Gender perspective, intersectionality and the future

Severe labour exploitation is defined as a work situation that deviates significantly from legal working conditions, ranging from minimal forms of coercion to more severe forms of slavery, forced labour and trafficking. The correlation between gender-based violence, migration and labour exploitation of women is widely reported by agencies working with trafficked persons.

Although less visible than men, women have always played an active and central role in migration processes, particularly in the Italian context. At international level, women represent 48% of global migration flows. In 2019, in Italy women represented 51.7% of the resident foreign population and came mainly from Romania (693,649), Morocco (197,675) and China (149,034), but also from the Philippines (95,346), Poland (69,560) and India (65,561).

Once in Italy, migrant women face several obstacles related to their gender. They are subject to triple discrimination: on the basis of their origin (some nationalities are preferred to others), their gender and their social class. They have to deal with the problems of being women, workers and migrants at the same time, and for these reasons they are highly exposed to the possibility of being abused and subjected to violence both during the migration process and once they arrive in the destination country.

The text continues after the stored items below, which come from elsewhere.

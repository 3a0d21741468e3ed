-- ===== src/Stats/Concurrent/Recorded.antt =====
-- What the records hold when all calls have ended.
use aeron_fast.Base.{
  ℕ, zero, suc, ◌≤◌, ◌<◌, ◌≡◌, refl, sym, ap, ◌∙◌, inl, inr, true, some, List, [], ◌∷◌, arith,
  length, get_elem?, set, take, replicate, none-get_elem?, weigh-snoc, weigh, take-eq,
}
use mathlib.Core.Option.{some-injective}
use aeron_fast.Stats.Defs.{
  PerformanceStats, DetailedRecords, detailed_record_count, create_performance_stats,
}
use aeron_fast.Stats.History.{Tracks, create-Tracks, first_latencies}
use aeron_fast.Stats.Concurrent.{Pc, exec, System, Step, call, run, start, Reach, here, next}
use aeron_fast.Stats.Concurrent.Quiet.{recorded_le}
use aeron_fast.Stats.Concurrent.Settle.{AllIdle}
use aeron_fast.Stats.Concurrent.Slots.{unplaced, OnRecords, exec-OnRecords}
use aeron_fast.Stats.Concurrent.Records.{
  HasSlots, not_storing, apart-HasSlots, takes-HasSlots, fills-HasSlots,
}

unplaced-idle : (n : ℕ) (w : ℕ → ℕ) → unplaced w (replicate n Pc.idle) ≡ 0
unplaced-idle zero w = refl
unplaced-idle (suc n) w = omega (arith, unplaced-idle n w)

idle_only : (n i : ℕ) (pc : Pc) → get_elem? (replicate n Pc.idle) i ≡ some pc → pc ≡ Pc.idle
idle_only zero i pc e = absurd (none-get_elem? e)
idle_only (suc n) zero pc e = sym (some-injective _ _ e)
idle_only (suc n) (suc i) pc e = idle_only n i pc e

length-first_latencies : (n : ℕ) (h : List ℕ) → length (first_latencies n h) ≡ n
unfolding first_latencies
length-first_latencies zero h = refl
length-first_latencies (suc n) [] = ap suc (length-first_latencies n [])
length-first_latencies (suc n) (l ∷ h) = ap suc (length-first_latencies n h)

start-HasSlots : (n : ℕ) (memory : PerformanceStats) → Tracks [] memory → HasSlots (start n memory)
start-HasSlots n memory t = record {
  slots = [];
  taken = t.recorded;
  room = ap length t.latencies ∙ length-first_latencies detailed_record_count [];
  from_calls = λ w. omega (arith, unplaced-idle n w);
  owners = λ i l slot e. absurd (not_storing refl (sym (idle_only n i (Pc.storing l slot) e)));
  stored = λ k p. absurd (omega (arith, p));
}

run-HasSlots :
    (s : System) (i : ℕ) (pc pc' : Pc) (m : PerformanceStats) (passed : ℕ → List ℕ)
    → get_elem? s.threads i ≡ some pc
    → s.memory.records.recorded_count ≤ detailed_record_count
    → (records : DetailedRecords) → m.records ≡ records
    → OnRecords s.memory.records pc pc' records
    → HasSlots s
    → HasSlots
        (record { memory = m; threads = set s.threads i pc'; started = s.started; passed = passed })
run-HasSlots s i pc pc' m passed e bound _ same (OnRecords.apart a b fewer) h =
    apart-HasSlots s _ i pc pc' e refl same a b (λ w. omega (arith, fewer w)) h
run-HasSlots s i _ _ m passed e bound _ same (OnRecords.takes l c loaded) h =
    takes-HasSlots s _ i l c e refl loaded same refl h
run-HasSlots s i _ _ m passed e bound _ same (OnRecords.fills l slot) h =
    fills-HasSlots s _ i l slot e refl same refl bound h

Step-HasSlots :
    {s t : System}
    → Step s t
    → s.memory.records.recorded_count ≤ detailed_record_count
    → HasSlots s
    → HasSlots t
Step-HasSlots {s} (call i l e small) bound h =
    apart-HasSlots s _ i Pc.idle (Pc.counting l) e refl refl refl refl
      (λ w. omega (arith, weigh-snoc w s.started l)) h
Step-HasSlots {s} (run i pc e) bound h =
    run-HasSlots s i pc (exec pc s.memory).0 (exec pc s.memory).1 _ e bound _ refl
      (exec-OnRecords pc s.memory) h

Reach-HasSlots :
    (n : ℕ) (memory : PerformanceStats) {s : System}
    → create_performance_stats true ≡ some memory
    → Reach (start n memory) s
    → HasSlots s
Reach-HasSlots n memory made here =
    let (m, e, t) = create-Tracks in
    start-HasSlots n memory (rw (some-injective _ _ (sym e ∙ made)) at t)
Reach-HasSlots n memory made (next r st) =
    Step-HasSlots st (recorded_le n memory made r) (Reach-HasSlots n memory made r)

-- Some of the items of a list, each at most as often as it is there.
abbrev pub SubBag : List ℕ → List ℕ → Type 0
SubBag xs ys = (w : ℕ → ℕ) → weigh w xs ≤ weigh w ys

idle_thread :
    (pcs : List Pc) (i : ℕ) (pc : Pc) → AllIdle pcs → get_elem? pcs i ≡ some pc → pc ≡ Pc.idle
idle_thread [] i pc h e = absurd (none-get_elem? e)
idle_thread (x ∷ pcs) zero pc h e = sym (some-injective _ _ e) ∙ h.0
idle_thread (x ∷ pcs) (suc i) pc h e = idle_thread pcs i pc h.1 e

-- In every state that the threads can reach from new statistics, in any order of their atomic
-- operations, in which all calls have ended: the records are at most a thousand, and the latencies
-- in the slots that are counted are those of as many different calls. No slot was missed, or filled
-- by two threads.
pub recorded-SubBag :
    (n : ℕ) (memory : PerformanceStats) {s : System}
    → create_performance_stats true ≡ some memory
    → Reach (start n memory) s
    → AllIdle s.threads
    → let r = s.memory.records in
      (r.recorded_count ≤ detailed_record_count)
      × (length (take r.recorded_count r.latencies) ≡ r.recorded_count)
      × SubBag (take r.recorded_count r.latencies) s.started
recorded-SubBag n memory {s} made r idle =
    let h = Reach-HasSlots n memory made r in
    let bound = recorded_le n memory made r in
    let there : (k : ℕ)
        → k < length h.slots
        → get_elem? s.memory.records.latencies k ≡ get_elem? h.slots k =
      λ k p. elim (h.stored k p) [
        | inl g ↦ g
        | inr (i, l, g) ↦
            absurd (not_storing refl (sym (idle_thread s.threads i (Pc.storing l k) idle g)))
      ] in
    let same : take s.memory.records.recorded_count s.memory.records.latencies ≡ h.slots =
      ap (λ (c : ℕ). take c s.memory.records.latencies) h.taken
      ∙ take-eq s.memory.records.latencies h.slots (omega (arith, h.room, h.taken, bound)) there in
    (bound, ap length same ∙ sym h.taken, λ w. omega (arith, ap (weigh w) same, h.from_calls w))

In Italy, migrants tend to have professions that are generally considered 'feminine'. Receiving societies require migrant women to work in professions that reflect 'traditional' female identity. Gender thus acts as an organising principle of international migration, often leading women in poorer countries to be employed in the kind of work (domestic, care and sex work) that many women in richer countries do not want or can no longer do. The emancipation of women in Western countries often has as its counterpart the labour and social subordination of migrant women who take their place.

43.2% of foreign women in Italy are employed in domestic or care work, often with irregular contracts or partial application of contractual rules. Sometimes, a form of patronage may be established whereby the employer takes care of all the needs of the worker, which exposes the woman to many risks of abuse. Another area of work in which immigrant women find a source of income is the prostitution market, sometimes freely offering their sexual services, sometimes under severe conditions of exploitation. Finally, the agricultural sector is also a source of employment for a considerable number of women (26.9%), although the male percentage remains higher. Migrant women working in this sector are highly exposed to psychological and sexual violence, as well as labour exploitation. Most of these jobs are low-skilled and offer few opportunities for professional development. Moreover, such jobs often involve an extremely heavy workload of more than ten hours a day, with very low wages and no contractual protection. In addition to these exploitative practices, women are often exposed to other forms of violence. Moreover, the harm itself inflicted on victims is gender-specific. Gender-based violence is considered one of the root causes of the vulnerability of migrant women.

Vulnerability is defined as a situation where the person has no real and acceptable alternative to submitting to the abuse. Both European and non-EU women can be exposed to abuse from their vulnerable situation. Gender-based violence, trafficking and labour exploitation are three interrelated and intertwined phenomena. Between 2015 and 2016, women accounted for 95% of victims of sex trafficking and 20% of victims of labour exploitation in general. The situation of isolation and dependence on employers in which many female migrant workers find themselves, is another element that aggravates their vulnerability.

The situation of women migrant workers is very delicate because they often have dependent children and feel they cannot leave their jobs because they are responsible not only for their own lives but also for that of their children. These are the precarious situations that make migrant women more vulnerable and more willing to accept any working conditions, including abuse and exploitation. All these structural and situational factors, together with the strict link between possession of a residence permit and a work contract, create a condition of "hyper-precariousness" in the labour context, which exposes them to exploitation, trafficking and forced labour.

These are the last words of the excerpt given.